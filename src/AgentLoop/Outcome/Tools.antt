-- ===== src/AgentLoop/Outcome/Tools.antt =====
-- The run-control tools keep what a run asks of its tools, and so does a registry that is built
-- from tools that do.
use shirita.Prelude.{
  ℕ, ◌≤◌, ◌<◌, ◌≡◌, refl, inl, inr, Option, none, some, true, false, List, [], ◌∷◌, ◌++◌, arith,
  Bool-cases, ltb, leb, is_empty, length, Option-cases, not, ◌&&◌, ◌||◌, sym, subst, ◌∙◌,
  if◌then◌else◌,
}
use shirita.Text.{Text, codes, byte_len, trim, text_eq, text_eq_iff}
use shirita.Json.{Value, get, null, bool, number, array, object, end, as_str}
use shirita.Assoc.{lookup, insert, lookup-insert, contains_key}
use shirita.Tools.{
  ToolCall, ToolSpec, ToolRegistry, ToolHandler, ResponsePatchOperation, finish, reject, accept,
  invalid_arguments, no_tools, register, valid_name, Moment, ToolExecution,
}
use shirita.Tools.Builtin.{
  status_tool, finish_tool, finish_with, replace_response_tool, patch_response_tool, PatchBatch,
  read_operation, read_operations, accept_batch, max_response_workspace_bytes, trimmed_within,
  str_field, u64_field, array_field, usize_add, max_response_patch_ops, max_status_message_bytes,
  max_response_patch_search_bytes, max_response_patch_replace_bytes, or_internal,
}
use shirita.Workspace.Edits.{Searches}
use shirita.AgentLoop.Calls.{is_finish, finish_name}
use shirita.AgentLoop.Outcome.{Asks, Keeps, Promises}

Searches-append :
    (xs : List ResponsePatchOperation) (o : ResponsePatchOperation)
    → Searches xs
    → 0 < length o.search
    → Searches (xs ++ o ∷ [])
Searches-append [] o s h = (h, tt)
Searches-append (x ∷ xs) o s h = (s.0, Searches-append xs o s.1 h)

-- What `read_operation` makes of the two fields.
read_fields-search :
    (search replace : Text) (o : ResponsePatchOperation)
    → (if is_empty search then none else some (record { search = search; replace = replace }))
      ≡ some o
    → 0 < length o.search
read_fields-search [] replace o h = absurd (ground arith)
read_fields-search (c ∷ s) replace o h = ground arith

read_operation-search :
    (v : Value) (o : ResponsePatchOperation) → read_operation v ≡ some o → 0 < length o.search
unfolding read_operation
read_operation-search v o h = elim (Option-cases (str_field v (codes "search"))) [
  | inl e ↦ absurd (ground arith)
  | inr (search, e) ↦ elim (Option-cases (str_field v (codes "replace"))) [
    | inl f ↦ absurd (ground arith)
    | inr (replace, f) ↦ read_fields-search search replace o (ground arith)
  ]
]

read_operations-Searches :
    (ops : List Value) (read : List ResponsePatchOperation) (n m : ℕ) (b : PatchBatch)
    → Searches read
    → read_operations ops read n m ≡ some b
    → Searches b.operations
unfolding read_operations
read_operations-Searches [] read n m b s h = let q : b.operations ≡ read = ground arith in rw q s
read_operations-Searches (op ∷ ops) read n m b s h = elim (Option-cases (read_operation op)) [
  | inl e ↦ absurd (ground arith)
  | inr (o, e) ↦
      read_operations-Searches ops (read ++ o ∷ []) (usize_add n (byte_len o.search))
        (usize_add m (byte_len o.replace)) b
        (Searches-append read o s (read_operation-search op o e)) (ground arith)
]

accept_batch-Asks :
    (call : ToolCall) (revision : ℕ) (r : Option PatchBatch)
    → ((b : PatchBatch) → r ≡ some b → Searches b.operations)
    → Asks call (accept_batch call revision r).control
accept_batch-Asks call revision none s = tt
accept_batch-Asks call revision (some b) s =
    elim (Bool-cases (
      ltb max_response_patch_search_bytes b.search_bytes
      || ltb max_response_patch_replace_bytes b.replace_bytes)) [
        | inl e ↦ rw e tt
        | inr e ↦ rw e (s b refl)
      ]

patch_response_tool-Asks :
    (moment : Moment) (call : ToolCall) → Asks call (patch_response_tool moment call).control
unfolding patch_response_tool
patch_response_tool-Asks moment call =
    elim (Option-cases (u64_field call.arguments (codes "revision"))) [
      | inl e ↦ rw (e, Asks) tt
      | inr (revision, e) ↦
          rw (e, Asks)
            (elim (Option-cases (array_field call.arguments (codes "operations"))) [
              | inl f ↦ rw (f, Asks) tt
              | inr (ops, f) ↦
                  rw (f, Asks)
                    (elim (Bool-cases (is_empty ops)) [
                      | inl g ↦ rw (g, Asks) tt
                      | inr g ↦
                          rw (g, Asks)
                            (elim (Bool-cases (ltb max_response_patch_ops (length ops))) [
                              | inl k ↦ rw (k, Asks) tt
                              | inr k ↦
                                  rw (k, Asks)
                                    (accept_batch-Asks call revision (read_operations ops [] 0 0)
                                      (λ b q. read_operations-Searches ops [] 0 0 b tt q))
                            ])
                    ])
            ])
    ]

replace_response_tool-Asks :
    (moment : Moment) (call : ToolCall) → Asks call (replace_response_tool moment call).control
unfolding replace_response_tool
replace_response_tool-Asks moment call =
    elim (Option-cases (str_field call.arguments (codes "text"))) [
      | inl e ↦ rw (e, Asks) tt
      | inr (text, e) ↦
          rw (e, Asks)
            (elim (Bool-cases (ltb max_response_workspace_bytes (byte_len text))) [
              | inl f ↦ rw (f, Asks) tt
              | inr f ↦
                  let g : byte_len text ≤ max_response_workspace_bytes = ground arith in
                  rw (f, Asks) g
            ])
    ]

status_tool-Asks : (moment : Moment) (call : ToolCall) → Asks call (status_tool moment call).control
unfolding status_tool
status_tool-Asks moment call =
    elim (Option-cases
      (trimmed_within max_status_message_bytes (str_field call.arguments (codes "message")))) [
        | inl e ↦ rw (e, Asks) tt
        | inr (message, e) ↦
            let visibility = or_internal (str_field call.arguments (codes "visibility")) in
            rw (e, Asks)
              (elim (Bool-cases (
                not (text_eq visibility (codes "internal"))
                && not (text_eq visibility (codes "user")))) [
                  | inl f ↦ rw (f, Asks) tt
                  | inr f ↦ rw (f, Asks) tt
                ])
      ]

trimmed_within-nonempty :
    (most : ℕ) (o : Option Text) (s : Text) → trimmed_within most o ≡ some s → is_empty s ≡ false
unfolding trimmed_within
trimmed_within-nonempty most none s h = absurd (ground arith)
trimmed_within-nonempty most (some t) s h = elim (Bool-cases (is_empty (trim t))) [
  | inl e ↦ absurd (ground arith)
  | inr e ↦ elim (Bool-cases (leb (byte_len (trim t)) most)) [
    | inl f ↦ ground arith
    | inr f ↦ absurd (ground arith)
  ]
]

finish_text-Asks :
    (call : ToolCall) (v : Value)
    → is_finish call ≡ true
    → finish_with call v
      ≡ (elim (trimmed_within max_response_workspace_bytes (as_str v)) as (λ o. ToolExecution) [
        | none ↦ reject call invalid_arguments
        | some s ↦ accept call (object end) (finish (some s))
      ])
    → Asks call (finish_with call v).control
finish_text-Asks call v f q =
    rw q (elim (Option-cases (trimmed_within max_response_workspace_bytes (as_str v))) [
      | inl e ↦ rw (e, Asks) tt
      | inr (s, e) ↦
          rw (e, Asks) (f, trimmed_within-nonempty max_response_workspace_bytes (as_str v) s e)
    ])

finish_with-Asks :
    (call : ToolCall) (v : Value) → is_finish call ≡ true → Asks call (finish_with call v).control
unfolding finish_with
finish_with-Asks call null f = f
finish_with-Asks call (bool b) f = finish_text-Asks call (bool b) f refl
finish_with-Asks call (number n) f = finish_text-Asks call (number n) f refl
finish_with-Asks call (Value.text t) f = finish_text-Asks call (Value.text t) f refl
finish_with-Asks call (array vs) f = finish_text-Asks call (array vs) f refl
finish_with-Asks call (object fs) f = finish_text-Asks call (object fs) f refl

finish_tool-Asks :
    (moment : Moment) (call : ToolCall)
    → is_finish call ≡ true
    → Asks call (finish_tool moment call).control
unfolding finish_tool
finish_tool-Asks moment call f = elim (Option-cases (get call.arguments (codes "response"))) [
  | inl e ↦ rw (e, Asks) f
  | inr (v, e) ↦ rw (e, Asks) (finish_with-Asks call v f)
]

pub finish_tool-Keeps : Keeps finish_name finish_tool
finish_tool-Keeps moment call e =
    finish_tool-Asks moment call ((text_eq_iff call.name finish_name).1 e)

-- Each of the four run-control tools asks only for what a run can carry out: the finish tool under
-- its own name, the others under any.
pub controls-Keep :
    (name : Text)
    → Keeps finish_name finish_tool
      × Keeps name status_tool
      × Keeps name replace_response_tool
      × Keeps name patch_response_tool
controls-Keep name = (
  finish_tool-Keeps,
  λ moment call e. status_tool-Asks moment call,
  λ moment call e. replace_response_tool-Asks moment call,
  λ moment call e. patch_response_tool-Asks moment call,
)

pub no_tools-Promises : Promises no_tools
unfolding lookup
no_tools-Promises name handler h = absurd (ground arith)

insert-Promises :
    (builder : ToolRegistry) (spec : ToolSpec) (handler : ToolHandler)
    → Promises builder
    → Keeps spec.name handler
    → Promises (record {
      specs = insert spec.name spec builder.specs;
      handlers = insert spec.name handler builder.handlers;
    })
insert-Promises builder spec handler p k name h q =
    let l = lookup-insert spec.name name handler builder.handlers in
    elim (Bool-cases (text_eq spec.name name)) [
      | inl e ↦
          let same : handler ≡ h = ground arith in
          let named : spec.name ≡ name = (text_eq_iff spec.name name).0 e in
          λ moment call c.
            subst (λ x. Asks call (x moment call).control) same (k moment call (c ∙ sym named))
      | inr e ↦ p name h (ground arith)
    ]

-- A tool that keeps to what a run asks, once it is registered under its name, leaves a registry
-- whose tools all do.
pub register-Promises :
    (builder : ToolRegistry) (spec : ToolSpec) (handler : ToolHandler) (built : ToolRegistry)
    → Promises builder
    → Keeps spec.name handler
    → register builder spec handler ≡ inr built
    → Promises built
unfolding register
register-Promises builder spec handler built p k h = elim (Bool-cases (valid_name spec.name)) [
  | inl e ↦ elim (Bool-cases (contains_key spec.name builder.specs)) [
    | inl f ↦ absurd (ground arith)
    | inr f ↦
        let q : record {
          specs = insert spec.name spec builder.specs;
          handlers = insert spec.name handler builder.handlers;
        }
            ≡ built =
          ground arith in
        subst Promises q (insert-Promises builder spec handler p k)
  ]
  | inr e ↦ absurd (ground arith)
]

» WORK INSTRUCTIONS
Using the listing, collect all lines in which the string "antt" is found.

» TASK ANSWER
filename src/AgentLoop/Outcome/Tools.antt
-- ===== src/AgentLoop/Outcome/Tools.antt =====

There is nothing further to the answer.